Je suis allée la chercher à l'école comme tous les mercredis à midi. Il était midi pile, l'heure de la sirène du premier mercredi du mois, ce mercredi 7 janvier. J'avais mis des frites dans le four, je savais qu'elle serait contente. Juste avant de rentrer, nous avons donné nos cartes de voeux à nos voisins leur souhaitant plein de bonnes choses. Nous avons déjeuné rapidement et je l'ai autorisé à jouer sur sa DS. C'était un mercredi un peu particulier, aucun devoir à faire ce qui n'arrive quasiment jamais et cours de danse annulé. Un après-midi rien qu'à nous sans aucune contrainte, aucune obligation, comme au bon vieux temps. On allait en profiter.
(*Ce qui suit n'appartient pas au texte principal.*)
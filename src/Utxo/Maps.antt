-- ===== src/Utxo/Maps.antt =====
-- The maps of outputs of src/db/pg.rs: what is found after an insertion and a removal.
use rust_bitcoin_indexer.Base.{
  ℕ, suc, ◌≡◌, ◌∙◌, sym, ap, subst, refl, inl, inr, Bool, true, false, ◌||◌, Option, none, some,
  List, [], ◌∷◌, ◌++◌, if◌then◌else◌, Bool-cases, length, arith,
}
use rust_bitcoin_indexer.Utxo.{
  HashIdOutPoint, same_point, UtxoDetailsMap, find_utxo, remove_utxo, insert_utxo, insert_all_utxos,
  is_among,
}

-- The first of two that is there.
abbrev pub or_else : Option ℕ → Option ℕ → Option ℕ
or_else (some v) o = some v
or_else none o = o

abbrev pub is_none : Option ℕ → Bool
is_none none = true
is_none (some v) = false

pub same_point→eq : (p q : HashIdOutPoint) → same_point p q ≡ true → p ≡ q
same_point→eq p q e = ground arith

pub same_point_refl : (p : HashIdOutPoint) → same_point p p ≡ true
same_point_refl p = ground arith

pub same_point_sym : (p q : HashIdOutPoint) → same_point p q ≡ same_point q p
same_point_sym p q = ground arith

pub find-remove :
    (p q : HashIdOutPoint) (m : UtxoDetailsMap)
    → find_utxo p (remove_utxo q m) ≡ (if same_point q p then none else find_utxo p m)
unfolding find_utxo remove_utxo
find-remove p q [] = ground arith
find-remove p q ((r, v) ∷ m) = ground (arith, find-remove p q m)

pub find-insert :
    (p q : HashIdOutPoint) (v : ℕ) (m : UtxoDetailsMap)
    → find_utxo p (insert_utxo q v m) ≡ (if same_point q p then some v else find_utxo p m)
unfolding find_utxo insert_utxo
find-insert p q v m = ground (arith, find-remove p q m)

-- No key is there twice.
abbrev pub IsMap : UtxoDetailsMap → Type 0
IsMap [] = Unit
IsMap ((p, v) ∷ m) = (find_utxo p m ≡ none) × IsMap m

pub remove-IsMap : (q : HashIdOutPoint) (m : UtxoDetailsMap) → IsMap m → IsMap (remove_utxo q m)
unfolding remove_utxo
remove-IsMap q [] k = tt
remove-IsMap q ((p, v) ∷ m) k = elim (Bool-cases (same_point p q)) [
  | inl same ↦ rw same (remove-IsMap q m k.1)
  | inr other ↦ rw other (ground (arith, find-remove p q m, k), remove-IsMap q m k.1)
]

pub insert-IsMap :
    (q : HashIdOutPoint) (v : ℕ) (m : UtxoDetailsMap) → IsMap m → IsMap (insert_utxo q v m)
unfolding insert_utxo
insert-IsMap q v m k = (ground (arith, find-remove q q m), remove-IsMap q m k)

pub length-remove_missing :
    (q : HashIdOutPoint) (m : UtxoDetailsMap)
    → find_utxo q m ≡ none
    → length (remove_utxo q m) ≡ length m
unfolding find_utxo remove_utxo
length-remove_missing q [] e = refl
length-remove_missing q ((p, v) ∷ m) e = ground (arith, length-remove_missing q m)

pub length-remove :
    (q : HashIdOutPoint) (v : ℕ) (m : UtxoDetailsMap)
    → IsMap m
    → find_utxo q m ≡ some v
    → suc (length (remove_utxo q m)) ≡ length m
unfolding find_utxo remove_utxo
length-remove q v ((p, w) ∷ m) k e = elim (Bool-cases (same_point p q)) [
  | inl same ↦
      let missing : find_utxo q m ≡ none =
        subst (λ r. find_utxo r m ≡ none) (same_point→eq p q same) k.0 in
      rw same (ap suc (length-remove_missing q m missing))
  | inr other ↦ rw other (ap suc (length-remove q v m k.1 (rw other at e)))
]
length-remove q v [] k e = cc

-- No point is there twice.
abbrev pub Distinct : List HashIdOutPoint → Type 0
Distinct [] = Unit
Distinct (p ∷ ps) = (is_among p ps ≡ false) × Distinct ps

-- A map of given points has as many entries as there are points.
pub length-points :
    (ps : List HashIdOutPoint) (m : UtxoDetailsMap)
    → Distinct ps
    → IsMap m
    → ((p : HashIdOutPoint) → is_among p ps ≡ true → (v : ℕ) × (find_utxo p m ≡ some v))
    → ((p : HashIdOutPoint) → is_among p ps ≡ false → find_utxo p m ≡ none)
    → length m ≡ length ps
unfolding is_among find_utxo
length-points [] [] d k here there = refl
length-points [] ((p, v) ∷ m) d k here there = ground (arith, there p refl)
length-points (q ∷ qs) m d k here there =
    let (v, found) = here q (rw (same_point_refl q)) in
    sym (length-remove q v m k found)
    ∙ ap suc (
        length-points qs (remove_utxo q m) d.1 (remove-IsMap q m k)
          (λ p among. elim (Bool-cases (same_point q p)) [
            | inl same ↦ absurd (cc (d.0, among, same_point→eq q p same))
            | inr other ↦
                let (w, at) = here p (rw (other, among)) in (w, find-remove p q m ∙ (rw other at))
          ])
          (λ p among. elim (Bool-cases (same_point q p)) [
            | inl same ↦ find-remove p q m ∙ (rw same)
            | inr other ↦ find-remove p q m ∙ (rw other (there p (rw (other, among))))
          ]))

-- A map's entries are found over those of the map that it is put into.
pub find-insert_all :
    (q : HashIdOutPoint) (more m : UtxoDetailsMap)
    → IsMap more
    → find_utxo q (insert_all_utxos more m) ≡ or_else (find_utxo q more) (find_utxo q m)
unfolding insert_all_utxos find_utxo
find-insert_all q [] m k = refl
find-insert_all q ((p, v) ∷ more) m k =
    find-insert_all q more (insert_utxo p v m) k.1 ∙ (elim (Bool-cases (same_point p q)) [
      | inl same ↦
          let missing : find_utxo q more ≡ none =
            subst (λ r. find_utxo r more ≡ none) (same_point→eq p q same) k.0 in
          rw (missing, find-insert q p v m, same) refl
      | inr other ↦ rw (find-insert q p v m, other) refl
    ])

pub is_among-append :
    (p : HashIdOutPoint) (xs ys : List HashIdOutPoint)
    → is_among p (xs ++ ys) ≡ (is_among p xs || is_among p ys)
unfolding is_among
is_among-append p [] ys = refl
is_among-append p (x ∷ xs) ys = ground (arith, is_among-append p xs ys)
Pendant qu'elle jouait j'ai ouvert l'ordinateur pour lire mes mails et ma timeline Twitter vers 12h30. Charlie Hebdo, attaque, morts, blessés... Je clique sur le liens, je lis, je suis sous le choc et plus le nombre de morts augmente pendant que les noms de Cabu, Tignous, Charb et Wolinski s'affichent, moins j'arrive à croire ce qui vient de se passer.
J'entends les rires de ma fille, sa petite voix contente de réussir son jeu et je pleure en silence. Là tout de suite je n'ai pas envie la déranger, pas envie de lui raconter la folie meurtrière, la rage, la connerie, la haine. Je poste un statut sur Facebook pour déverser ma peine et ma colère. Ma meilleure amie m'appelle, on pleure ensemble au téléphone, je me suis réfugiée dans la salle de bains. On sait tout ce qui se passe dans d'autres pays, on sait les ravages de l'intégrisme, des extrémistes du monde entier depuis des millénaires, on pleure encore, on se demande pourquoi ils sont ainsi et on échafaude des histoires d'agents spéciaux qui seraient capables d'aller nettoyer le monde de tous ces ignobles individus. On a du mal à croire qu'aujourd'hui avec tous les moyens dont on dispose, il est impossible de faire taire ces enfoirés. On rêve pendant quelques instants... On se souvient d'Entebbe, prise d'otages qui a marqué notre enfance et des soldats d'élite israéliens dans les années 70, on se demande pourquoi ce genre de commando n'existe plus aujourd'hui pour arrêter les massacreurs... On ne sait plus quoi penser, quoi espérer, quoi attendre de l'avenir, on pleure... On se console comme on peut...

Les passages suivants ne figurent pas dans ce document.